Exercise:
For each line of the listing that includes the word "case", show the whole line.

+ + +

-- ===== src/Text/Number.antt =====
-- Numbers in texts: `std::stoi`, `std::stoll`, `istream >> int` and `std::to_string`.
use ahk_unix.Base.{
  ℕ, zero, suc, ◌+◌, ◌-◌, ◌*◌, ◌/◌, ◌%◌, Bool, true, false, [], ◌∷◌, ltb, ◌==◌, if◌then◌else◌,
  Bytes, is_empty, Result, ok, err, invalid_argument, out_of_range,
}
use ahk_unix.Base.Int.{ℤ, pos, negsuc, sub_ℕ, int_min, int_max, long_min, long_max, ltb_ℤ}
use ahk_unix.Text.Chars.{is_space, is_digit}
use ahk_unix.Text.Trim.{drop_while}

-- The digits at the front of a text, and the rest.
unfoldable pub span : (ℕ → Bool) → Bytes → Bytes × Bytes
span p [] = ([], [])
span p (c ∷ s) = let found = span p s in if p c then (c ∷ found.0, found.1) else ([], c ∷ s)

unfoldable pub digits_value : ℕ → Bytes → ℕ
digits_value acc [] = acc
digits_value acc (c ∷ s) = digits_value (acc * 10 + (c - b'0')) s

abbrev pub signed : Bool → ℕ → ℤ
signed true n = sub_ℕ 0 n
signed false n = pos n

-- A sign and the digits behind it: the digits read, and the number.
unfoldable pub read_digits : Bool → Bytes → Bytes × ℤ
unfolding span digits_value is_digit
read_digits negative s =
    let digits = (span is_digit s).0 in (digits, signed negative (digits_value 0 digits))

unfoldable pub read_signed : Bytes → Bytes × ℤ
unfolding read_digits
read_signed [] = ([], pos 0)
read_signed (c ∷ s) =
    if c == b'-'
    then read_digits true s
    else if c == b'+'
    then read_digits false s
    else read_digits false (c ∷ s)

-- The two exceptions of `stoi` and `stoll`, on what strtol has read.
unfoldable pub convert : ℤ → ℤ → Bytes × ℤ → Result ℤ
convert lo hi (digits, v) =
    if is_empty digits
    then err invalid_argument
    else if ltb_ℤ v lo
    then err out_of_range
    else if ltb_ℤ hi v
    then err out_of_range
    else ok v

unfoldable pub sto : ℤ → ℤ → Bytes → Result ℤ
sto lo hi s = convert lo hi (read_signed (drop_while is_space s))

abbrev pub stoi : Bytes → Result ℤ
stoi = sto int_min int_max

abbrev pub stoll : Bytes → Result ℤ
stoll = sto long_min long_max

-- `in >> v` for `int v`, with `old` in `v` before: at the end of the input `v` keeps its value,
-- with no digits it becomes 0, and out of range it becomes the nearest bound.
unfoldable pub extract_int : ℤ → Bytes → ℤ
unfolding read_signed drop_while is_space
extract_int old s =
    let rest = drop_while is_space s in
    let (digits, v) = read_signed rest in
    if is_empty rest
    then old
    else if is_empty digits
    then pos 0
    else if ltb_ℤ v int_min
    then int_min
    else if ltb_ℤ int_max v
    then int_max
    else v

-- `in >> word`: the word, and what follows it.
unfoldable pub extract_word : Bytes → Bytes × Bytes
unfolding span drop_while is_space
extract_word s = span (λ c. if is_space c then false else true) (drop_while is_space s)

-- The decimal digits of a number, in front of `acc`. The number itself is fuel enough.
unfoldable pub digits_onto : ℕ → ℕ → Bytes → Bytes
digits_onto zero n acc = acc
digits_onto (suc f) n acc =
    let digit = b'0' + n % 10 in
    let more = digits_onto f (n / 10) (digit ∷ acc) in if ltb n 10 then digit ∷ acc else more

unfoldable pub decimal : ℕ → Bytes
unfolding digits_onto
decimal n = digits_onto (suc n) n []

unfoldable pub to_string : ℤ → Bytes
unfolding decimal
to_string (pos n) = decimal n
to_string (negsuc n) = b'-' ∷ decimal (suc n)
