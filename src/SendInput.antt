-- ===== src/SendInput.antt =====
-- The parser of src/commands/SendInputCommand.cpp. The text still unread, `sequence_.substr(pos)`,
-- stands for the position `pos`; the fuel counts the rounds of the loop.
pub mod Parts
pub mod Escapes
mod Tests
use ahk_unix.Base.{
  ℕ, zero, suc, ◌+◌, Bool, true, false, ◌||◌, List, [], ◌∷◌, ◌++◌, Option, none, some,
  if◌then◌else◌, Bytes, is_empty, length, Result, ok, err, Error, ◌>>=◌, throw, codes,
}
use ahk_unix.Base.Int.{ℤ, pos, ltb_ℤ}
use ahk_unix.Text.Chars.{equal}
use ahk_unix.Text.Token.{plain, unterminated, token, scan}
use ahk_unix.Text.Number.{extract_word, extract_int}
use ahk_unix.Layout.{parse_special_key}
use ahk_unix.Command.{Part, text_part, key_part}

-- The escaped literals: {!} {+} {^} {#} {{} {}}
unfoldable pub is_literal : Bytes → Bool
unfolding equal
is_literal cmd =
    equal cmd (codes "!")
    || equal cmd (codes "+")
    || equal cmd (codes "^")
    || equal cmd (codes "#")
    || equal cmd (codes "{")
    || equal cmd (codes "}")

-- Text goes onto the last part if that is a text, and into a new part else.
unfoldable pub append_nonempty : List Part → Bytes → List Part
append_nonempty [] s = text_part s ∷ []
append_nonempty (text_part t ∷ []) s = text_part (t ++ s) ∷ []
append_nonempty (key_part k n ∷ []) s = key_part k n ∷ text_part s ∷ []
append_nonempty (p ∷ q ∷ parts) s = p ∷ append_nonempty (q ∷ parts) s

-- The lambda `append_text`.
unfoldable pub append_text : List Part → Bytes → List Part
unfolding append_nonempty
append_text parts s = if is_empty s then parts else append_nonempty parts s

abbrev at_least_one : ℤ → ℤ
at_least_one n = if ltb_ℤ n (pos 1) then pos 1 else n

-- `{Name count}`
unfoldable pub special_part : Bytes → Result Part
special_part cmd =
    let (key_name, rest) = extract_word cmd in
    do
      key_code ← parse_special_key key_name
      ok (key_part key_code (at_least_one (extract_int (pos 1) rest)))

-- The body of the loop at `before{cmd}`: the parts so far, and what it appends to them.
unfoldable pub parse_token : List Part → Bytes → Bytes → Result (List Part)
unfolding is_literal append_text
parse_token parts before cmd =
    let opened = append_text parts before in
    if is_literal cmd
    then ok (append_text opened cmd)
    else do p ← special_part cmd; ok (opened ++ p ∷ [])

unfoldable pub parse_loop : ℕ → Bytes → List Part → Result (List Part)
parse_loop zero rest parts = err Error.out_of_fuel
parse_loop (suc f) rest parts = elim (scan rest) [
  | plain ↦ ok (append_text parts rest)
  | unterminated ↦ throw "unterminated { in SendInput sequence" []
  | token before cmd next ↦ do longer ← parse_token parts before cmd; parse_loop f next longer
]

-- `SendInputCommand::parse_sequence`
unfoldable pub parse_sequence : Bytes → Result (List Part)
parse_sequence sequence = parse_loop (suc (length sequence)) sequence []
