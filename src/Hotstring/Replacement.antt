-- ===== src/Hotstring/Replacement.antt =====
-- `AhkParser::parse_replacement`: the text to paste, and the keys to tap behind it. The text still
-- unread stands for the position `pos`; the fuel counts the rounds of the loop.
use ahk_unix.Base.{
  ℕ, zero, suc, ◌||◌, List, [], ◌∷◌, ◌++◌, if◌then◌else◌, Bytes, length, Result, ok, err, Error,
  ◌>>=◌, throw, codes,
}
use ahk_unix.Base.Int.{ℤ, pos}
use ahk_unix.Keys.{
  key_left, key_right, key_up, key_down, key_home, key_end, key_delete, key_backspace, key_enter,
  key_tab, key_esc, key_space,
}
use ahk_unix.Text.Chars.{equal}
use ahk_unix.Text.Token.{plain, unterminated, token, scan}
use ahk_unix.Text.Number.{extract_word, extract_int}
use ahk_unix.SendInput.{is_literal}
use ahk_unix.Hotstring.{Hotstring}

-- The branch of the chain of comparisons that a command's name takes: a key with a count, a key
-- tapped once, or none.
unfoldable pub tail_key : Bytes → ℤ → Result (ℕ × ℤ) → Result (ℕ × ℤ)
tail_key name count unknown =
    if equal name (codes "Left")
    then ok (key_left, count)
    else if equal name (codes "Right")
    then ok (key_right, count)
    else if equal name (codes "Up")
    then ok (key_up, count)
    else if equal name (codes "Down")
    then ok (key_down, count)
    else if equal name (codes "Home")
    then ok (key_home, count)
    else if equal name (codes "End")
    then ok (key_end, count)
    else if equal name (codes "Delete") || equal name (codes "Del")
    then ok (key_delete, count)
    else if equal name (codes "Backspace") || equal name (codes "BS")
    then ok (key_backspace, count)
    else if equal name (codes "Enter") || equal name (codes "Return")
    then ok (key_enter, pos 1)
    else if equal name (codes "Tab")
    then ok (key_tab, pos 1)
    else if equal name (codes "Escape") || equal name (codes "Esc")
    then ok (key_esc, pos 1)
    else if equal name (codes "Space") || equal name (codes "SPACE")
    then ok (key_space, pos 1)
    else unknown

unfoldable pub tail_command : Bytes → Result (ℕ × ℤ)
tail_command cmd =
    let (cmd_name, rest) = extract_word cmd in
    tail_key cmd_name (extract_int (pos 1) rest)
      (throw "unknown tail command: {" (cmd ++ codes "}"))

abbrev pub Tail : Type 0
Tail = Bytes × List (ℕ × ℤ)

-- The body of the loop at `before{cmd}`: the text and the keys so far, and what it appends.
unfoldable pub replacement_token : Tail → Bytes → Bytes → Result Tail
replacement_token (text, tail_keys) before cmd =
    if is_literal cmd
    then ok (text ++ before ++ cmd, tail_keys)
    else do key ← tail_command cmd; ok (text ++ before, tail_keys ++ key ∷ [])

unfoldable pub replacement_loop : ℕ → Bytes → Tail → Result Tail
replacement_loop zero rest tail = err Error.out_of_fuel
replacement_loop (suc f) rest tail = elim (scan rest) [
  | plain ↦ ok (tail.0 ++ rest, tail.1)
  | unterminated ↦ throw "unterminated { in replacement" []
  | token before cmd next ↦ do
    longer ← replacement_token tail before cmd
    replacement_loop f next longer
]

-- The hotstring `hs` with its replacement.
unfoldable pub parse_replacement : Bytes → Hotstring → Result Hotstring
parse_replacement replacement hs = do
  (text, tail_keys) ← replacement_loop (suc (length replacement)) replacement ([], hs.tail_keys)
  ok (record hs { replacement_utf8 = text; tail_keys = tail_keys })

+ + +

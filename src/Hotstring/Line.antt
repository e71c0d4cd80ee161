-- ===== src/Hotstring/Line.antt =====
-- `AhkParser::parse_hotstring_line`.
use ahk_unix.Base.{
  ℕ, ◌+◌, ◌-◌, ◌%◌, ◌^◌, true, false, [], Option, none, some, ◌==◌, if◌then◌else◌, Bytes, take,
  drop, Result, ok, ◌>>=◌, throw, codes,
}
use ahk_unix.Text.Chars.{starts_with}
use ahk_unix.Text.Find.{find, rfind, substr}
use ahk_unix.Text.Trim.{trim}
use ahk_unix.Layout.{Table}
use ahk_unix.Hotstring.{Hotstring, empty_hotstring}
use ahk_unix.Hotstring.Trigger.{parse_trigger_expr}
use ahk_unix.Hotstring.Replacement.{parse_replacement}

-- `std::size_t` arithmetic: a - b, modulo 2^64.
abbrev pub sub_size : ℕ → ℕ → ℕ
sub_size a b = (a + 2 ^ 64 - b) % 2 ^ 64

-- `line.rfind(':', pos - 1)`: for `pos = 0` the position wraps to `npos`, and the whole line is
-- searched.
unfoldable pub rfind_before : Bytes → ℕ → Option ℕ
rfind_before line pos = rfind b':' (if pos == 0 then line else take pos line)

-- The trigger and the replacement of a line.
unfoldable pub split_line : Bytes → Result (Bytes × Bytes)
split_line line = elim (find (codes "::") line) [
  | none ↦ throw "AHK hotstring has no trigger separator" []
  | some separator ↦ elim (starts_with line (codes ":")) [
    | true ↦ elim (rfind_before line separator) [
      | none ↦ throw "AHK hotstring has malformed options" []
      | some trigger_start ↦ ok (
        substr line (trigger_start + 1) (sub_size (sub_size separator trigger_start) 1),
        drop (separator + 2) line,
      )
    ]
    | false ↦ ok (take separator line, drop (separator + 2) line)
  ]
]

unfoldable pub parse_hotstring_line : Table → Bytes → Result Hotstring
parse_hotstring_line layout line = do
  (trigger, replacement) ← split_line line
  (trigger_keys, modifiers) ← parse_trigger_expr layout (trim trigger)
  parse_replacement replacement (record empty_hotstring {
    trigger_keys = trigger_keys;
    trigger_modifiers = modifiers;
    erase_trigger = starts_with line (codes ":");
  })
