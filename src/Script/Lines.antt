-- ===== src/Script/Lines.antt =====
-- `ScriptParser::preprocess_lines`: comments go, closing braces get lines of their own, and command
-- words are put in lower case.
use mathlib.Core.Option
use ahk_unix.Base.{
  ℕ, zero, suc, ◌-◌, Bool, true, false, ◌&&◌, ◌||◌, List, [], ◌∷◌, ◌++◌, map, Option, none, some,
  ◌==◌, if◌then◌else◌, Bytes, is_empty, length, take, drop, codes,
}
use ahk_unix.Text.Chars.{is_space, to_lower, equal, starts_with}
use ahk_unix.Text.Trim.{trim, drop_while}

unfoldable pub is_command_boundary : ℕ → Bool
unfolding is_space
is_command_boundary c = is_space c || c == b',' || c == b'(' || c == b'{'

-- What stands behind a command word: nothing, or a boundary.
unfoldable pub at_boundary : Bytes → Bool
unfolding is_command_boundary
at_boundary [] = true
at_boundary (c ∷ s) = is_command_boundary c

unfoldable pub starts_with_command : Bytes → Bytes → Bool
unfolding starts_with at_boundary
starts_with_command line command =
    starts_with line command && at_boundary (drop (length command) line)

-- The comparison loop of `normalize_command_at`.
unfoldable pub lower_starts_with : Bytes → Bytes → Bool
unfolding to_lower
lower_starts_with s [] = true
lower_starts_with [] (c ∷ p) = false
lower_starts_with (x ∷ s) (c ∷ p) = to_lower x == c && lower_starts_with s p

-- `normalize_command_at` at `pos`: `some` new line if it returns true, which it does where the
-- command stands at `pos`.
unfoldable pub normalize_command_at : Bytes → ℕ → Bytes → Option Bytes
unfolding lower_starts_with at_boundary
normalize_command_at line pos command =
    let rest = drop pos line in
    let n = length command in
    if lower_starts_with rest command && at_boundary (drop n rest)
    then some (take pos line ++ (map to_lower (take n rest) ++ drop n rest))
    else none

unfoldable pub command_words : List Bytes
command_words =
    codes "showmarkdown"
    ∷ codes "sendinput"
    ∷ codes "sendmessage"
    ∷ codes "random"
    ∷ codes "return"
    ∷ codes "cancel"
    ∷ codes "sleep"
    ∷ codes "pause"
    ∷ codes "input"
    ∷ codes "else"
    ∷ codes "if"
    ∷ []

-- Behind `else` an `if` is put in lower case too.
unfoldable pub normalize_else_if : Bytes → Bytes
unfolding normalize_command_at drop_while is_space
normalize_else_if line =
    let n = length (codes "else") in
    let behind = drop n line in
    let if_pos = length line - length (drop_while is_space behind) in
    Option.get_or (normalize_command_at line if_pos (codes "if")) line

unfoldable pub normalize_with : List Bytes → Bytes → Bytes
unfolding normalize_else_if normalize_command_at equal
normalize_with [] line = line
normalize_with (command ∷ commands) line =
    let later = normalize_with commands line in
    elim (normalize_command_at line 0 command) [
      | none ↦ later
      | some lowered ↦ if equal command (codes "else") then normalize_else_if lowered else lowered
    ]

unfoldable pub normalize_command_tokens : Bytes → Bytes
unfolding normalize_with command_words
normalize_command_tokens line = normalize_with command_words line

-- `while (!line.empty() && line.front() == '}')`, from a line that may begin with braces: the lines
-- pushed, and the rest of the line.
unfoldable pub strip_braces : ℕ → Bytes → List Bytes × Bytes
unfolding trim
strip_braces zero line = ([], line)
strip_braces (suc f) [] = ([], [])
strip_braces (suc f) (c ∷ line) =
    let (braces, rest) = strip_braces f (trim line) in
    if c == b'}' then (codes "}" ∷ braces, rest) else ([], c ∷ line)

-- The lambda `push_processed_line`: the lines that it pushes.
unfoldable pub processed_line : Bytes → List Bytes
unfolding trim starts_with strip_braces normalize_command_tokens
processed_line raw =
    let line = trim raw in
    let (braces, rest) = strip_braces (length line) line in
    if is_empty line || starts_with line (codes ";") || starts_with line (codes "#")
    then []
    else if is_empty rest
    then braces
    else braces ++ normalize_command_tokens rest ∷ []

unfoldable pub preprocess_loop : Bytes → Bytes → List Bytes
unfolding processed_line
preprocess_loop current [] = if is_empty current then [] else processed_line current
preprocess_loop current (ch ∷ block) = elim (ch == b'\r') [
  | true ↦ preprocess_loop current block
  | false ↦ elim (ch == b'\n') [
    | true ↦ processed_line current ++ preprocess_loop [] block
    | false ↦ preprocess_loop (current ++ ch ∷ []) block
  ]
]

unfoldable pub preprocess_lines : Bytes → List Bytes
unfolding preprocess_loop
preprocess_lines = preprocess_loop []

+ + +

Task result:
-- words are put in lower case.
-- Behind `else` an `if` is put in lower case too.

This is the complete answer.